The Tin Man Problem
The Tin Man had a heart all along. He just needed someone to recognise it.
Your brand has the same problem, only it is not a wizard you need. It is a knowledge graph.
Every brand has soul. A point of view, a way of doing things, a reason people choose you over the next name on the list. It is there in the way you talk to clients, in the methods you have developed, in the language you use, in the philosophy you would describe over a coffee but have never thought to write down in machine-readable form.
And that is the problem. AI cannot see it.

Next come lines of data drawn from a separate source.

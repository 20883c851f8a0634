-- ===== src/Ledger/Books/Balances.antt =====
-- The loops over the affected accounts (steps 4 and 6 of postOnce).
use bank_core.Prelude.{
  ◌≡◌, refl, inl, inr, arith, String, true, false, if◌then◌else◌, List, [], ◌∷◌, none, some,
  Bool-cases, Option-cases,
}
use bank_core.Prelude.Int.{ℤ, pos, ltb_ℤ}
use bank_core.Prelude.Int64.{add64}
use bank_core.Prelude.Dict.{Dict, lookup, insert, lookup-insert, get_or}
use bank_core.Prelude.Sort.{elem}
use bank_core.Prelude.Results.{ok, Result-cases}
use bank_core.Ledger.Domain.{Account, Balance, apply_posting}
use bank_core.Ledger.Store.{Db, update_balance, lock_balance}
use bank_core.Ledger.Store.Lemmas.{
  written?, lookup-update, lookup-update_found, >>=-eq-ok, update_balance-ok,
}
use bank_core.Ledger.Service.{next_balance, next_balances, write_balances, zero_balance}

-- The row with its `held` adjusted, which ApplyPosting gets.
abbrev pub adjusted : String → Dict ℤ → Balance → Balance
adjusted id adj b = record b { held = add64 b.held (get_or adj id (pos 0)) }

abbrev pub type_in : String → Dict Account → String
type_in id accounts = elim (lookup id accounts) [ some a ↦ a.type | none ↦ "" ]

-- What the loop computes for one account.
abbrev pub Next : Dict Account → Dict ℤ → Dict ℤ → Db → String → Balance → Type 0
Next accounts delta adj db a nb =
    (b : Balance) × (lookup a db.balances ≡ some b)
    × (ltb_ℤ (adjusted a adj b).held (pos 0) ≡ false)
    × (apply_posting (adjusted a adj b) (type_in a accounts) (get_or delta a (pos 0)) ≡ ok nb)

next_balances-cons :
    (id : String) (ids : List String) (accounts : Dict Account) (delta adj : Dict ℤ) (db : Db)
    (acc out : Dict Balance)
    → next_balances (id ∷ ids) accounts delta adj db acc ≡ ok out
    → (nb : Balance) × Next accounts delta adj db id nb
      × (next_balances ids accounts delta adj db (insert id nb acc) ≡ ok out)
unfolding next_balances next_balance lock_balance
next_balances-cons id ids accounts delta adj db acc out e =
    elim (Option-cases (lookup id db.balances)) [
      | inl missing ↦ absurd (ground arith)
      | inr (b, found) ↦ elim (Bool-cases (ltb_ℤ (adjusted id adj b).held (pos 0))) [
        | inl under ↦ absurd (ground arith)
        | inr fits ↦
            elim (Result-cases
              (apply_posting (adjusted id adj b) (type_in id accounts) (get_or delta id (pos 0)))) [
                | inr (x, refused) ↦ absurd (ground arith)
                | inl (nb, applied) ↦ (nb, (b, found, fits, applied), ground arith)
              ]
      ]
    ]

-- An account that no round computes keeps what the map has.
next_balances-other :
    (ids : List String) (accounts : Dict Account) (delta adj : Dict ℤ) (db : Db)
    (acc out : Dict Balance) (a : String)
    → next_balances ids accounts delta adj db acc ≡ ok out
    → elem a ids ≡ false
    → lookup a out ≡ lookup a acc
unfolding next_balances
next_balances-other [] accounts delta adj db acc out a e other = ground arith
next_balances-other (id ∷ ids) accounts delta adj db acc out a e other =
    let (nb, _, rest) = next_balances-cons id ids accounts delta adj db acc out e in
    let ih =
      next_balances-other ids accounts delta adj db (insert id nb acc) out a rest (ground arith) in
    ground (arith, ih, lookup-insert a id nb acc)

-- Each affected account has the balance that its round computes.
pub next_balances-Next :
    (ids : List String) (accounts : Dict Account) (delta adj : Dict ℤ) (db : Db)
    (acc out : Dict Balance) (a : String)
    → next_balances ids accounts delta adj db acc ≡ ok out
    → elem a ids ≡ true
    → (nb : Balance) × (lookup a out ≡ some nb) × Next accounts delta adj db a nb
next_balances-Next [] accounts delta adj db acc out a e member = absurd (ground arith)
next_balances-Next (id ∷ ids) accounts delta adj db acc out a e member =
    let (nb, next, rest) = next_balances-cons id ids accounts delta adj db acc out e in
    elim (Bool-cases (elem a ids)) [
      | inl later ↦ next_balances-Next ids accounts delta adj db (insert id nb acc) out a rest later
      | inr last ↦
          let same : (a ≡ id) = ground arith in
          let kept =
            next_balances-other ids accounts delta adj db (insert id nb acc) out a rest last in
          (nb, ground (arith, kept, lookup-insert a id nb acc), rw same next)
    ]

-- What the writes need of the computed balances: each is of its own account, which has a row.
abbrev pub AreOwn : List String → Dict Balance → Db → Type 0
AreOwn ids out db =
    (a : String)
    → elem a ids ≡ true
    → ((get_or out a zero_balance).account_id ≡ a)
      × ((w : Balance) × (lookup a db.balances ≡ some w))

-- The tables after the writes: only the balances change, each affected row to the one computed.
pub write_balances-eq :
    (ids : List String) (out : Dict Balance) (db db' : Db)
    → AreOwn ids out db
    → write_balances ids out db ≡ ok (tt, db')
    → (db' ≡ record db { balances = db'.balances })
      × ((a : String)
          → lookup a db'.balances ≡ (
              if elem a ids
              then written? (lookup a db.balances) (get_or out a zero_balance)
              else lookup a db.balances))
unfolding write_balances
write_balances-eq [] out db db' own e =
    let same : (db' ≡ db) = ground arith in rw same (refl, λ a. refl)
write_balances-eq (id ∷ ids) out db db' own e =
    let b = get_or out id zero_balance in
    let (mine, (w, found)) = own id (ground arith) in
    let (_, db₁, wrote, rest) = >>=-eq-ok (update_balance b) _ db e in
    let (_, tables₁) = update_balance-ok b w db db₁ (simp mine found) wrote in
    let one = λ (a : String). lookup-update a id b db.balances in
    let (tables, ih) =
      write_balances-eq ids out db₁ db'
        (λ a member.
          let (mine_a, (v, found_a)) = own a (ground arith) in
          (mine_a, simp (tables₁, mine) (lookup-update_found a id b v db.balances found_a)))
        rest in
    (ground (arith, tables, tables₁), λ a. ground (arith, ih a, one a, tables₁, mine, found))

Not because AI is broken. Not because your content is poor. Because AI does not read your website the way a human does. It does not absorb your tone, appreciate your story, or intuit the things that make you distinctive. It reads structured data. It resolves entities. It reasons from what has been formally declared. And if all you have declared is what type of thing you are such as: a consultant, an educator, a software company then that is all any AI will ever say about you.
Factually correct. Personality-free. One of the herd.
Go On. Ask.
Open ChatGPT, Gemini, Perplexity, or whichever one your customers are already using instead of Google. Type your name. Type your company name. Read what comes back.
If it sounds like it could describe any of your competitors, you are looking at the Tin Man problem in action. Your brand has a heart. AI just returned a description of the tin.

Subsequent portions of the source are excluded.